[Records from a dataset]
================
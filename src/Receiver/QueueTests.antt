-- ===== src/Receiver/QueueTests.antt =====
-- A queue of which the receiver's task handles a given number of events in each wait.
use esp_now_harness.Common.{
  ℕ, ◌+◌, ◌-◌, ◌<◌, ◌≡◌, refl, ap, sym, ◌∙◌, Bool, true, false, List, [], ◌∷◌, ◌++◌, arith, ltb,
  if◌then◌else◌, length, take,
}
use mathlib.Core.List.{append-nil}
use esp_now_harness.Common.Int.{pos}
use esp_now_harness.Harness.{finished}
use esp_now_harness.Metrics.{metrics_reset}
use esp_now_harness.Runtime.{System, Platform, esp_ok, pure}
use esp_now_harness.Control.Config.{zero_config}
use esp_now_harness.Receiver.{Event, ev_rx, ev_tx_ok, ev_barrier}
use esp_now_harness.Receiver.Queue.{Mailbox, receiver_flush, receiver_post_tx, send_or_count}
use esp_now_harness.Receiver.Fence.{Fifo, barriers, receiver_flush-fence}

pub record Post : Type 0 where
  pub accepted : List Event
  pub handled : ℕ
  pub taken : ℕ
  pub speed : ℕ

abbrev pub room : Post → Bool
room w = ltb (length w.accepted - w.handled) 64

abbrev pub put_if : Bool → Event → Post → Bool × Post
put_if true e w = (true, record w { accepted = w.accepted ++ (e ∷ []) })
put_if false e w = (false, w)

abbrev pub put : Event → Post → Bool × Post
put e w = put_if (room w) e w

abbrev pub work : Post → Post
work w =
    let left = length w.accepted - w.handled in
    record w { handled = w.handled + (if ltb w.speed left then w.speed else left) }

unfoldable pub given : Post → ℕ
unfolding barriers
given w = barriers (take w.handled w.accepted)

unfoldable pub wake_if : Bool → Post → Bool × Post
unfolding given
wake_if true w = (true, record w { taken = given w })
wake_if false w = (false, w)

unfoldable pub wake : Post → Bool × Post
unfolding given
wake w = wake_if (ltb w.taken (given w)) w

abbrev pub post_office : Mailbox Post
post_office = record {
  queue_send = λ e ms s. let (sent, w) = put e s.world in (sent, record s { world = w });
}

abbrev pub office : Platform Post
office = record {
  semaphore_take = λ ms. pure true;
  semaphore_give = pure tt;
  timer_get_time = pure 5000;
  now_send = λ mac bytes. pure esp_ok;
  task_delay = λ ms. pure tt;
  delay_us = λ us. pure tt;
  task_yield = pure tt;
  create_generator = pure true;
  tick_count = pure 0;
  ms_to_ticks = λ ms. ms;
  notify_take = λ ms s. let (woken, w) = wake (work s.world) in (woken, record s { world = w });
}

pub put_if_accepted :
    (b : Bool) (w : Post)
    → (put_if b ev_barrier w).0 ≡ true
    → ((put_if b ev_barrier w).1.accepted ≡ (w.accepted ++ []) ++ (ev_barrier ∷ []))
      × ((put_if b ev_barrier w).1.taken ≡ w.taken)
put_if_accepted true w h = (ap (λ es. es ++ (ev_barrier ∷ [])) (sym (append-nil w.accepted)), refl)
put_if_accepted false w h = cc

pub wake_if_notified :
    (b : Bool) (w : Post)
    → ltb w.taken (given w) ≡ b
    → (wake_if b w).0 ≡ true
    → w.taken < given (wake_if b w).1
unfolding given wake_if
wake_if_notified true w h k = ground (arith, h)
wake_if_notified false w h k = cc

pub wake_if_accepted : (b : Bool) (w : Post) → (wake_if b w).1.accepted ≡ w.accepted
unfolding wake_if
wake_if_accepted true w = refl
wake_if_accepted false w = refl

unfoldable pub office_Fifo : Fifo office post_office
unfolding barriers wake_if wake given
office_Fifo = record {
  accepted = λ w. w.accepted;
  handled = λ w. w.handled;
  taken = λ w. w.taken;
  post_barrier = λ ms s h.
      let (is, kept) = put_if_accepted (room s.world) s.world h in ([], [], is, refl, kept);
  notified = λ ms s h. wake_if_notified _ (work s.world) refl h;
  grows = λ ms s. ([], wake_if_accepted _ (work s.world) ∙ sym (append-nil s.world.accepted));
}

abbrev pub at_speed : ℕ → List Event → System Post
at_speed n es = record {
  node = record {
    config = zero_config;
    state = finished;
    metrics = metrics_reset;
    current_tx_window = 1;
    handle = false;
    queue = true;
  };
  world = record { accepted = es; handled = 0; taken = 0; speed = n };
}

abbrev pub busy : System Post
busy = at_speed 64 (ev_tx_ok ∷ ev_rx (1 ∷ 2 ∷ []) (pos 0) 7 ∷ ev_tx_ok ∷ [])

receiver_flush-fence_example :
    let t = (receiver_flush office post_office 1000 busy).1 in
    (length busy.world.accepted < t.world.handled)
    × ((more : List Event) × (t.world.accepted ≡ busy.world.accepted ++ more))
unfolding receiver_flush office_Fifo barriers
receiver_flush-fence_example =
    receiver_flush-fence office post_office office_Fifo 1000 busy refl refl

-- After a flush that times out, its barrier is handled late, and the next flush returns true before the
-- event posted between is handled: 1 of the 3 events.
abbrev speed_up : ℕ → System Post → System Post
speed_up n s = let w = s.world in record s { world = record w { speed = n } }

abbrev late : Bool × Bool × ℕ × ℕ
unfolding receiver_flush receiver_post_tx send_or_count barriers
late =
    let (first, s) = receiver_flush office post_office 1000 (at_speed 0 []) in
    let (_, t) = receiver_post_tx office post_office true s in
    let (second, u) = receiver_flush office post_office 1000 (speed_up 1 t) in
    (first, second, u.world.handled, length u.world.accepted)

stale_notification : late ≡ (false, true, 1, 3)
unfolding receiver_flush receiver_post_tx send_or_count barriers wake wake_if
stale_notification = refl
================
→ **What you need to do**
Would you please copy exactly the part of the entries above that begins at the line containing "pub speed : ℕ" and ends at the line containing "put_if false e w = (false, w)", both lines included?

→ **Response**
  pub speed : ℕ

abbrev pub room : Post → Bool
room w = ltb (length w.accepted - w.handled) 64

abbrev pub put_if : Bool → Event → Post → Bool × Post
put_if true e w = (true, record w { accepted = w.accepted ++ (e ∷ []) })
put_if false e w = (false, w)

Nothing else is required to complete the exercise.